How much energy is released in an accretion disk?

Accretion process can convert about 10 percent to over 40 percent of the mass of an object into energy as compared to around 0.7 percent for nuclear fusion processes.

• That is, it (mass for mass) converts nearly 60 times more of the matter going into it than the sun converts it's own mass into free energy - heat, light, gamma rays, the energy of the jet being ejected from the poles.

The Polar Jets:

These radiate energy in a concentrated beam on the axis of rotation of the disk. In extreme cases, the total energy radiated by the disk and by the polar jets can equal thousands of times the total radiant light from all the stars in the rest of the galaxy combined.

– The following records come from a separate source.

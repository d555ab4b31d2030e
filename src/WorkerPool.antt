-- ===== src/WorkerPool.antt =====
-- worker_pool/pool.go: the pool that queues container requests and forwards them to its workers.
-- Each step is what one thread does while it holds the mutex; the requests to the workers stand
-- between steps, and their outcomes are arguments. A worker is its index. What an op
-- requires (ExecOp.Requirements) is an argument of what uses it.
pub mod Steps
pub mod Order
mod Tests
pub mod Answers
use skyhookml.Prelude.{
  Dict, lookup, lookup_or, insert, ◌==◌, Text, codes, nat_eq, text_eq, pair_eq, ℕ, zero, suc, Bool,
  true, not, ◌&&◌, Option, none, some, List, [], ◌∷◌, ◌++◌, eqb, if◌then◌else◌, ◌>>=◌, length,
  get_elem?, drop,
}
use skyhookml.Prelude.Int.{ℤ, pos, eqb_ℤ}
use skyhookml.Graph.Node.{Runnable}

pub record ContainerRequest : Type 0 where
  pub node : Runnable
  pub job_id : Option ℕ
  pub coordinator_url : Text
  pub instance_id : Text

pub record Worker : Type 0 where
  pub url : Text
  -- Empty while no container is allocated.
  pub container_uuid : Text
  pub allocation_uuid : Text
  pub resources : Dict Text ℤ

pub record Request : Type 0 where
  pub container_request : ContainerRequest
  pub uuid : Text

pub data AllocationResult : Type 0 where
  allocated : (parallelism : ℤ) → (base_url : Text) → AllocationResult
  failed : (error : Text) → AllocationResult

-- Where the goroutine that processes requests stands: it waits, or forwards a request to a worker.
pub data Dispatcher : Type 0 where
  waiting : Dispatcher
  forwarding : (uuid : Text) → (worker : ℕ) → Dispatcher

-- A call of /container/end that has found its worker, and that has not marked it yet.
pub record Ending : Type 0 where
  pub worker : ℕ
  pub container_uuid : Text

pub record Pool : Type 0 where
  pub workers : List Worker
  pub q : List Request
  pub results : Dict Text AllocationResult
  pub dispatcher : Dispatcher
  pub endings : List Ending

pub data Event : Type 0 where
  request : (uuid : Text) → ContainerRequest → Event
  pick : Event
  refuse : (error : Text) → Event
  allocate : (container_uuid : Text) → (parallelism : ℤ) → (base_url : Text) → Event
  end_begin : (uuid : Text) → Event
  end_error end_done : ℕ → Event

-- Every requirement is the worker's resource; a missing resource counts as 0.
pub has_resources : Dict Text ℤ → Dict Text ℤ → Bool
has_resources resources [] = true
has_resources resources ((k, v) ∷ requirements) =
    eqb_ℤ (lookup_or (pos 0) k resources) v && has_resources resources requirements

pub satisfies : Worker → Dict Text ℤ → Bool
satisfies w requirements =
    eqb (length requirements) (length w.resources) && has_resources w.resources requirements

pub get_available_worker : Dict Text ℤ → List Worker → Option ℕ
get_available_worker requirements [] = none
get_available_worker requirements (w ∷ ws) =
    if w.container_uuid == [] && satisfies w requirements
    then some 0
    else (do i ← get_available_worker requirements ws; some (suc i))

-- The worker that currently has a UUID allocated, and its container.
pub find_allocation : Text → List Worker → Option Ending
find_allocation uuid [] = none
find_allocation uuid (w ∷ ws) =
    if w.allocation_uuid == uuid
    then some (record { worker = 0; container_uuid = w.container_uuid })
    else (do e ← find_allocation uuid ws; some (record e { worker = suc e.worker }))

pub set_worker : List Worker → ℕ → Text → Text → List Worker
set_worker [] i container_uuid allocation_uuid = []
set_worker (w ∷ ws) zero container_uuid allocation_uuid =
    record w { container_uuid = container_uuid; allocation_uuid = allocation_uuid } ∷ ws
set_worker (w ∷ ws) (suc i) container_uuid allocation_uuid =
    w ∷ set_worker ws i container_uuid allocation_uuid

pub remove_at {ℓ} : {A : Type ℓ} → ℕ → List A → List A
remove_at i [] = []
remove_at zero (x ∷ xs) = xs
remove_at (suc i) (x ∷ xs) = x ∷ remove_at i xs

-- /container/request.
pub add_request : Text → ContainerRequest → Pool → Pool
add_request uuid r s = record s { q = s.q ++ record { container_request = r; uuid = uuid } ∷ [] }

-- The head of the queue leaves it with a result.
pub finish : Text → AllocationResult → Pool → Pool
finish uuid result s = record s {
  q = drop 1 s.q;
  results = insert uuid result s.results;
  dispatcher = waiting;
}

module _ (requirements : ContainerRequest → Dict Text ℤ) where
  -- The dispatcher waits for a request, then for a worker for the first request of the queue.
  pub pick_worker : List Request → Pool → Option Pool
  pick_worker [] s = none
  pick_worker (req ∷ rest) s =
      elim (get_available_worker (requirements req.container_request) s.workers) [
        | none ↦ none
        | some i ↦ some (record s { dispatcher = forwarding req.uuid i })
      ]

  pub pick_when : Dispatcher → Pool → Option Pool
  pick_when waiting s = pick_worker s.q s
  pick_when (forwarding uuid i) s = none

  -- The request or its status failed on the worker.
  pub refuse_when : Text → Dispatcher → Pool → Option Pool
  refuse_when message waiting s = none
  refuse_when message (forwarding uuid i) s = some (finish uuid (failed message) s)

  pub allocate_when : Text → ℤ → Text → Dispatcher → Pool → Option Pool
  allocate_when container_uuid parallelism base_url waiting s = none
  allocate_when container_uuid parallelism base_url (forwarding uuid i) s =
      let t = finish uuid (allocated parallelism base_url) s in
      some (record t { workers = set_worker t.workers i container_uuid uuid })

  -- `none` is a step that the threads cannot make in this state.
  pub step : Pool → Event → Option Pool
  step s (request uuid r) = some (add_request uuid r s)
  step s pick = pick_when s.dispatcher s
  step s (refuse message) = refuse_when message s.dispatcher s
  step s (allocate container_uuid parallelism base_url) =
      allocate_when container_uuid parallelism base_url s.dispatcher s
  step s (end_begin uuid) = elim (find_allocation uuid s.workers) [
    | none ↦ some s
    | some e ↦ some (record s { endings = s.endings ++ e ∷ [] })
  ]
  step s (end_error i) = elim (get_elem? s.endings i) [
    | none ↦ none
    | some e ↦ some (record s { endings = remove_at i s.endings })
  ]
  step s (end_done i) = elim (get_elem? s.endings i) [
    | none ↦ none
    | some e ↦ some (record s {
      workers = set_worker s.workers e.worker [] [];
      endings = remove_at i s.endings;
    })
  ]

  pub run : Pool → List Event → Option Pool
  run s [] = some s
  run s (e ∷ es) = do s' ← step s e; run s' es

-- /container/status: an answer, or the index in the queue of a request that is to wait.
pub data Status : Type 0 where
  ready : (parallelism : ℤ) → (base_url : Text) → Status
  error : (message : Text) → Status
  in_queue : ℕ → Status

pub index_in_queue : Text → List Request → Option ℕ
index_in_queue uuid [] = none
index_in_queue uuid (req ∷ q) =
    if req.uuid == uuid then some 0 else (do i ← index_in_queue uuid q; some (suc i))

pub of_result : AllocationResult → Status
of_result (allocated parallelism base_url) = ready parallelism base_url
of_result (failed message) = error message

pub status : Text → Pool → Status
status uuid s = elim (lookup uuid s.results) [
  | some res ↦ of_result res
  | none ↦ elim (index_in_queue uuid s.q) [
    | some i ↦ in_queue i
    | none ↦ error (codes "UUID not found")
  ]
]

They can be seen shining brightly from across the farthest reaches of the universe that can be seen.

Relativistic beaming of the jet emission results in strong and rapid variability of the [jet's] brightness.

# Conclusion:

On approaching the accretion disk:

• The planet would approach the disk boundry and melt, quickly being pulled apart by the magnetic fields and dissolve in the swirling motion of the disk in a blaze of gas plasma.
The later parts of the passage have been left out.